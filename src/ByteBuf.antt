-- ===== src/ByteBuf.antt =====
-- commons/ByteBuf.hpp: the byte buffer behind a packet. `buff` is the vector's content, `capacity`
-- its capacity; a byte is its bit pattern, and so are the two indices, which are ints. What C++ leaves open is the record `Platform`.
pub mod Fields
pub mod Invariant
pub mod Appends
pub mod Long
use kiteq_client_cpp.Base.{
  ℕ, zero, suc, ◌+◌, ◌-◌, ◌*◌, ◌/◌, ◌%◌, ◌^◌, ◌<◌, ◌≡◌, Bool, List, [], ◌∷◌, ◌++◌, Option, none,
  some, bit_or, max, length, get_elem?, drop, ltb, leb, ◌==◌, if◌then◌else◌,
}
use kiteq_client_cpp.Base.Word.{char_to_int, shl32, low_byte, slt32, int_to_size}

-- The compiler and the standard library: the capacity that a full vector of capacity `c` grows to,
-- and the value of `x << k` on an `unsigned int` for k from 32 on, which C++ leaves undefined.
pub record Platform : Type 0 where
  pub grow : ℕ → ℕ
  pub oversize_shift : ℕ → ℕ → ℕ
  pub lt-grow : (c : ℕ) → c < grow c
  pub oversize_shift-lt : (x k : ℕ) → oversize_shift x k < 2 ^ 32

pub record ByteBuf : Type 0 where
  pub buff : List ℕ
  pub capacity : ℕ
  pub reader_index : ℕ
  pub writer_index : ℕ

infixl 5 ◌>>=◌
abbrev pub ◌>>=◌ {ℓ κ} : {A : Type ℓ} {B : Type κ} → Option A → (A → Option B) → Option B
none >>= f = none
some a >>= f = f a

-- `x >> k` on a negative value copies the sign bit.
abbrev pub sar : ℕ → ℕ → ℕ → ℕ
sar w x k = if leb (2 ^ (w - 1)) x then x / 2 ^ k + (2 ^ w - 2 ^ (w - k)) else x / 2 ^ k

abbrev pub short_to_int : ℕ → ℕ
short_to_int i = if leb (2 ^ 15) i then i + (2 ^ 32 - 2 ^ 16) else i

-- `ByteBuf()` and `ByteBuf(int size)`.
unfoldable pub empty : ByteBuf
empty = record { buff = []; capacity = 0; reader_index = 0; writer_index = 0 }

unfoldable pub sized : ℕ → ByteBuf
sized size = record { buff = []; capacity = size + 1; reader_index = 0; writer_index = 0 }

-- The static readers take a pointer; `none` is a read past the bytes that are there.
unfoldable pub read_byte : List ℕ → Option ℕ
read_byte b = get_elem? b 0

unfoldable pub read_short : List ℕ → Option ℕ
read_short b = do
  c1 ← get_elem? b 0
  c2 ← get_elem? b 1
  some (bit_or (shl32 (low_byte (char_to_int c1)) 8) (low_byte (char_to_int c2)) % 2 ^ 16)

-- `(c1&0xFF)<<24 | (c2&0xFF)<<16 | (c3&0xFF)<<8 | (c4&0xFF)`.
abbrev pub join_int : ℕ → ℕ → ℕ → ℕ → ℕ
join_int c1 c2 c3 c4 =
    bit_or
      (bit_or (bit_or (shl32 (low_byte (char_to_int c1)) 24) (shl32 (low_byte (char_to_int c2)) 16))
        (shl32 (low_byte (char_to_int c3)) 8))
      (low_byte (char_to_int c4))

unfoldable pub read_int : List ℕ → Option ℕ
read_int b = do
  c1 ← get_elem? b 0
  c2 ← get_elem? b 1
  c3 ← get_elem? b 2
  c4 ← get_elem? b 3
  some (join_int c1 c2 c3 c4)

-- The shifts are done on `unsigned int`, four of them by 32 bits or more.
unfoldable pub read_long : Platform → List ℕ → Option ℕ
read_long pf b = do
  c1 ← get_elem? b 0
  c2 ← get_elem? b 1
  c3 ← get_elem? b 2
  c4 ← get_elem? b 3
  c5 ← get_elem? b 4
  c6 ← get_elem? b 5
  c7 ← get_elem? b 6
  c8 ← get_elem? b 7
  let high = λ (c k : ℕ). pf.oversize_shift (low_byte (char_to_int c)) k
  let top = bit_or (bit_or (bit_or (high c1 56) (high c2 48)) (high c3 40)) (high c4 32)
  let with_24 = bit_or top (shl32 (low_byte (char_to_int c5)) 24)
  let with_16 = bit_or with_24 (shl32 (low_byte (char_to_int c6)) 16)
  let with_8 = bit_or with_16 (shl32 (low_byte (char_to_int c7)) 8)
  some (bit_or with_8 (low_byte (char_to_int c8)))

-- The member readers advance `readerIndex`.
unfoldable pub next_byte : ByteBuf → Option (ℕ × ByteBuf)
next_byte b = do
  c ← get_elem? b.buff (int_to_size b.reader_index)
  some (c, record b { reader_index = (b.reader_index + 1) % 2 ^ 32 })

unfoldable pub next_int : ByteBuf → Option (ℕ × ByteBuf)
unfolding next_byte
next_int b0 = do
  (c1, b1) ← next_byte b0
  (c2, b2) ← next_byte b1
  (c3, b3) ← next_byte b2
  (c4, b4) ← next_byte b3
  some (join_int c1 c2 c3 c4, b4)

unfoldable pub readable_bytes : ByteBuf → ℕ
readable_bytes b = (length b.buff + 2 ^ 64 - int_to_size b.reader_index) % 2 ^ 64

-- `reserve(size+1)`.
unfoldable pub resize : ByteBuf → ℕ → ByteBuf
resize b size = record b { capacity = max b.capacity (size + 1) }

unfoldable pub size : ByteBuf → ℕ
size b = length b.buff

-- `clear` empties the vector and leaves both indices.
unfoldable pub clear : ByteBuf → ByteBuf
clear b = record b { buff = [] }

-- The offset that the pointer has in the vector; `none` is NULL.
unfoldable pub get_write_ptr : ByteBuf → ℕ → Option ℕ
get_write_ptr b len =
    if slt32 ((b.capacity + 2 ^ 64 - int_to_size b.writer_index) % 2 ^ 64 % 2 ^ 32) len
    then none
    else some b.writer_index

unfoldable pub add_writer_index : ByteBuf → ℕ → ByteBuf
add_writer_index b s = record b { writer_index = (b.writer_index + s) % 2 ^ 32 }

module _ (pf : Platform) where
  -- The vector's `push_back`.
  unfoldable pub push_back : ByteBuf → ℕ → ByteBuf
  push_back b c = record b {
    buff = b.buff ++ c ∷ [];
    capacity = if length b.buff == b.capacity then pf.grow b.capacity else b.capacity;
  }

  unfoldable pub push_all : ByteBuf → List ℕ → ByteBuf
  push_all b [] = b
  push_all b (c ∷ cs) = push_all (push_back b c) cs

  unfoldable pub write_byte : ByteBuf → ℕ → ByteBuf
  unfolding add_writer_index
  write_byte b c = add_writer_index (push_back b c) 1

  unfoldable pub write_short : ByteBuf → ℕ → ByteBuf
  unfolding add_writer_index
  write_short b i =
      let c1 = low_byte (sar 32 (short_to_int i) 8) in
      let c2 = low_byte (short_to_int i) in add_writer_index (push_all b (c1 ∷ c2 ∷ [])) 2

  unfoldable pub write_int : ByteBuf → ℕ → ByteBuf
  unfolding add_writer_index
  write_int b i =
      let c1 = low_byte (sar 32 i 24) in
      let c2 = low_byte (sar 32 i 16) in
      let c3 = low_byte (sar 32 i 8) in
      let c4 = low_byte i in add_writer_index (push_all b (c1 ∷ c2 ∷ c3 ∷ c4 ∷ [])) 4

  unfoldable pub write_long : ByteBuf → ℕ → ByteBuf
  unfolding add_writer_index
  write_long b i =
      let byte = λ (k : ℕ). low_byte (sar 64 i k) in
      add_writer_index
        (push_all b
          (byte 56 ∷ byte 48 ∷ byte 40 ∷ byte 32 ∷ byte 24 ∷ byte 16 ∷ byte 8 ∷ low_byte i ∷ []))
        8

  -- The loop of `writeBytes` at index `i`, with `num - i` rounds left.
  unfoldable pub copy_loop : List ℕ → ℕ → ℕ → ByteBuf → Option ByteBuf
  copy_loop src zero i b = some b
  copy_loop src (suc left) i b = do c ← get_elem? src i; copy_loop src left (i + 1) (push_back b c)

  unfoldable pub write_bytes : ByteBuf → List ℕ → ℕ → Option ByteBuf
  unfolding add_writer_index
  write_bytes b src num =
      if slt32 0 num
      then (do b' ← copy_loop src num 0 b; some (add_writer_index b' num))
      else some b
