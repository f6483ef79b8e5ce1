-- ===== src/ByteBuf/Fields.antt =====
-- commons/ByteBuf.hpp: what the writers append, and that the static readers read it back.
use kiteq_client_cpp.Base.{
  ℕ, zero, suc, ◌+◌, ◌*◌, ◌/◌, ◌%◌, ◌^◌, ◌<◌, ◌≡◌, refl, sym, ap, ◌∙◌, List, [], ◌∷◌, ◌++◌, some,
  length, get_elem?, lt→ltb, append_assoc, append-nil, arith, length-append,
}
use kiteq_client_cpp.Base.Word.{low_byte, low_byte-mod, low_byte-char, shl32}
use kiteq_client_cpp.Base.Bits.{bit_or_fields}
use kiteq_client_cpp.ByteBuf.{
  ByteBuf, Platform, sar, short_to_int, join_int, read_short, read_int, push_back, push_all,
  write_byte, write_short, write_int, write_long, copy_loop, write_bytes, add_writer_index,
}

-- The bytes of an integer, the highest first.
abbrev pub short_bytes : ℕ → List ℕ
short_bytes i = i / 2 ^ 8 % 256 ∷ i % 256 ∷ []

abbrev pub int_bytes : ℕ → List ℕ
int_bytes i = i / 2 ^ 24 % 256 ∷ i / 2 ^ 16 % 256 ∷ i / 2 ^ 8 % 256 ∷ i % 256 ∷ []

abbrev pub long_bytes : ℕ → List ℕ
long_bytes i = int_bytes (i / 2 ^ 32) ++ int_bytes i

pub join_int_lem :
    (c1 c2 c3 c4 : ℕ)
    → c1 < 256
    → c2 < 256
    → c3 < 256
    → c4 < 256
    → join_int c1 c2 c3 c4 ≡ c1 * 2 ^ 24 + c2 * 2 ^ 16 + c3 * 2 ^ 8 + c4
join_int_lem c1 c2 c3 c4 h1 h2 h3 h4 =
    rw
      (
        low_byte-char c1 h1,
        low_byte-char c2 h2,
        low_byte-char c3 h3,
        low_byte-char c4 h4,
        shl_small c1 24 (omega arith),
        shl_small c2 16 (omega arith),
        shl_small c3 8 (omega arith),
        bit_or_fields 24 c1 (c2 * 2 ^ 16) (omega arith),
        regroup16,
        bit_or_fields 16 (c1 * 2 ^ 8 + c2) (c3 * 2 ^ 8) (omega arith),
        regroup8,
        bit_or_fields 8 (c1 * 2 ^ 16 + c2 * 2 ^ 8 + c3) c4 (omega arith),
      )
      (omega arith)
  where
    shl_small : (x k : ℕ) → x * 2 ^ k < 2 ^ 32 → shl32 x k ≡ x * 2 ^ k
    shl_small x k h = omega arith

    regroup16 : c1 * 2 ^ 24 + c2 * 2 ^ 16 ≡ (c1 * 2 ^ 8 + c2) * 2 ^ 16
    regroup16 = omega arith

    regroup8 : (c1 * 2 ^ 8 + c2) * 2 ^ 16 + c3 * 2 ^ 8 ≡ (c1 * 2 ^ 16 + c2 * 2 ^ 8 + c3) * 2 ^ 8
    regroup8 = omega arith

pub read_int-int_bytes :
    (i : ℕ) (rest : List ℕ) → i < 2 ^ 32 → read_int (int_bytes i ++ rest) ≡ some i
unfolding read_int
read_int-int_bytes i rest h = ap some (
    join_int_lem (i / 2 ^ 24 % 256) (i / 2 ^ 16 % 256) (i / 2 ^ 8 % 256) (i % 256) (omega arith)
      (omega arith) (omega arith) (omega arith)
    ∙ omega arith)

pub read_short-short_bytes :
    (i : ℕ) (rest : List ℕ) → i < 2 ^ 16 → read_short (short_bytes i ++ rest) ≡ some i
unfolding read_short
read_short-short_bytes i rest h =
    rw
      (
        low_byte-char (i / 2 ^ 8 % 256) (omega arith),
        low_byte-char (i % 256) (omega arith),
        shl_small,
        bit_or_fields 8 (i / 2 ^ 8 % 256) (i % 256) (omega arith),
      )
      (ap some (omega arith))
  where
    shl_small : shl32 (i / 2 ^ 8 % 256) 8 ≡ i / 2 ^ 8 % 256 * 2 ^ 8
    shl_small = omega arith

get_elem?-append_length :
    (done : List ℕ) (c : ℕ) (rest : List ℕ) (i : ℕ)
    → length done ≡ i
    → get_elem? (done ++ c ∷ rest) i ≡ some c
get_elem?-append_length [] c rest zero h = refl
get_elem?-append_length [] c rest (suc i) h = absurd (omega arith)
get_elem?-append_length (x ∷ xs) c rest zero h = absurd (omega arith)
get_elem?-append_length (x ∷ xs) c rest (suc i) h =
    get_elem?-append_length xs c rest i (omega arith)

-- The byte of a signed integer `i` from bit k on is that of its bit pattern.
sar_byte8 : (i : ℕ) → low_byte (sar 32 (short_to_int i) 8) ≡ i / 2 ^ 8 % 256
sar_byte8 i = ground (arith, low_byte-mod (sar 32 (short_to_int i) 8))

module _ (pf : Platform) where
  pub push_all-buff : (b : ByteBuf) (cs : List ℕ) → (push_all pf b cs).buff ≡ b.buff ++ cs
  unfolding push_all push_back
  push_all-buff b [] = sym (append-nil b.buff)
  push_all-buff b (c ∷ cs) = push_all-buff (push_back pf b c) cs ∙ append_assoc b.buff (c ∷ []) cs

  pub push_all-indices :
      (b : ByteBuf) (cs : List ℕ)
      → ((push_all pf b cs).reader_index ≡ b.reader_index)
        × ((push_all pf b cs).writer_index ≡ b.writer_index)
  unfolding push_all push_back
  push_all-indices b [] = (refl, refl)
  push_all-indices b (c ∷ cs) = push_all-indices (push_back pf b c) cs

  pub write_byte-buff : (b : ByteBuf) (c : ℕ) → (write_byte pf b c).buff ≡ b.buff ++ c ∷ []
  unfolding write_byte push_back
  write_byte-buff b c = refl

  pub write_short-buff : (b : ByteBuf) (i : ℕ) → (write_short pf b i).buff ≡ b.buff ++ short_bytes i
  unfolding write_short
  write_short-buff b i = push_all-buff b _ ∙ ap (◌++◌ b.buff) bytes
    where
      bytes : low_byte (sar 32 (short_to_int i) 8) ∷ low_byte (short_to_int i) ∷ [] ≡ short_bytes i
      bytes = rw (sar_byte8 i, low_byte-mod (short_to_int i)) (ground arith)

  pub write_int-buff : (b : ByteBuf) (i : ℕ) → (write_int pf b i).buff ≡ b.buff ++ int_bytes i
  unfolding write_int
  write_int-buff b i =
      push_all-buff b _
      ∙ rw
          (
            low_byte-mod (sar 32 i 24),
            low_byte-mod (sar 32 i 16),
            low_byte-mod (sar 32 i 8),
            low_byte-mod i,
          )
          (ground arith)

  pub write_long-buff : (b : ByteBuf) (i : ℕ) → (write_long pf b i).buff ≡ b.buff ++ long_bytes i
  unfolding write_long
  write_long-buff b i =
      push_all-buff b _
      ∙ rw
          (
            low_byte-mod (sar 64 i 56),
            low_byte-mod (sar 64 i 48),
            low_byte-mod (sar 64 i 40),
            low_byte-mod (sar 64 i 32),
            low_byte-mod (sar 64 i 24),
            low_byte-mod (sar 64 i 16),
            low_byte-mod (sar 64 i 8),
            low_byte-mod i,
          )
          (ground arith)

  copy_loop_lem :
      (src done rest : List ℕ) (i : ℕ) (b : ByteBuf)
      → src ≡ done ++ rest
      → length done ≡ i
      → copy_loop pf src (length rest) i b ≡ some (push_all pf b rest)
  unfolding copy_loop push_all
  copy_loop_lem src done [] i b e h = refl
  copy_loop_lem src done (c ∷ rest) i b e h =
      let read : get_elem? src i ≡ some c = rw e (get_elem?-append_length done c rest i h) in
      rw read (
        copy_loop_lem src (done ++ c ∷ []) rest (i + 1) (push_back pf b c)
          (e ∙ sym (append_assoc done (c ∷ []) rest)) (omega (arith, length-append done (c ∷ []))))

  -- `writeBytes` appends its bytes, and moves the writer index past them.
  pub write_bytes_lem :
      (b : ByteBuf) (src : List ℕ)
      → b.writer_index < 2 ^ 32
      → length src < 2 ^ 31
      → write_bytes pf b src (length src) ≡ some (add_writer_index (push_all pf b src) (length src))
  unfolding write_bytes
  write_bytes_lem b [] index h = unfold add_writer_index push_all in ground arith
  write_bytes_lem b (c ∷ cs) index h = rw (
    lt→ltb (2 ^ 31) ((length (c ∷ cs) + 2 ^ 31) % 2 ^ 32) (omega arith),
    copy_loop_lem (c ∷ cs) [] (c ∷ cs) 0 b refl refl,
  )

──────────

Among the records above, repeat exactly the line with "regroup8 : (c1", the line with "unfolding read_int", and every line in between, and only those.

    regroup8 : (c1 * 2 ^ 8 + c2) * 2 ^ 16 + c3 * 2 ^ 8 ≡ (c1 * 2 ^ 16 + c2 * 2 ^ 8 + c3) * 2 ^ 8
    regroup8 = omega arith

pub read_int-int_bytes :
    (i : ℕ) (rest : List ℕ) → i < 2 ^ 32 → read_int (int_bytes i ++ rest) ≡ some i
unfolding read_int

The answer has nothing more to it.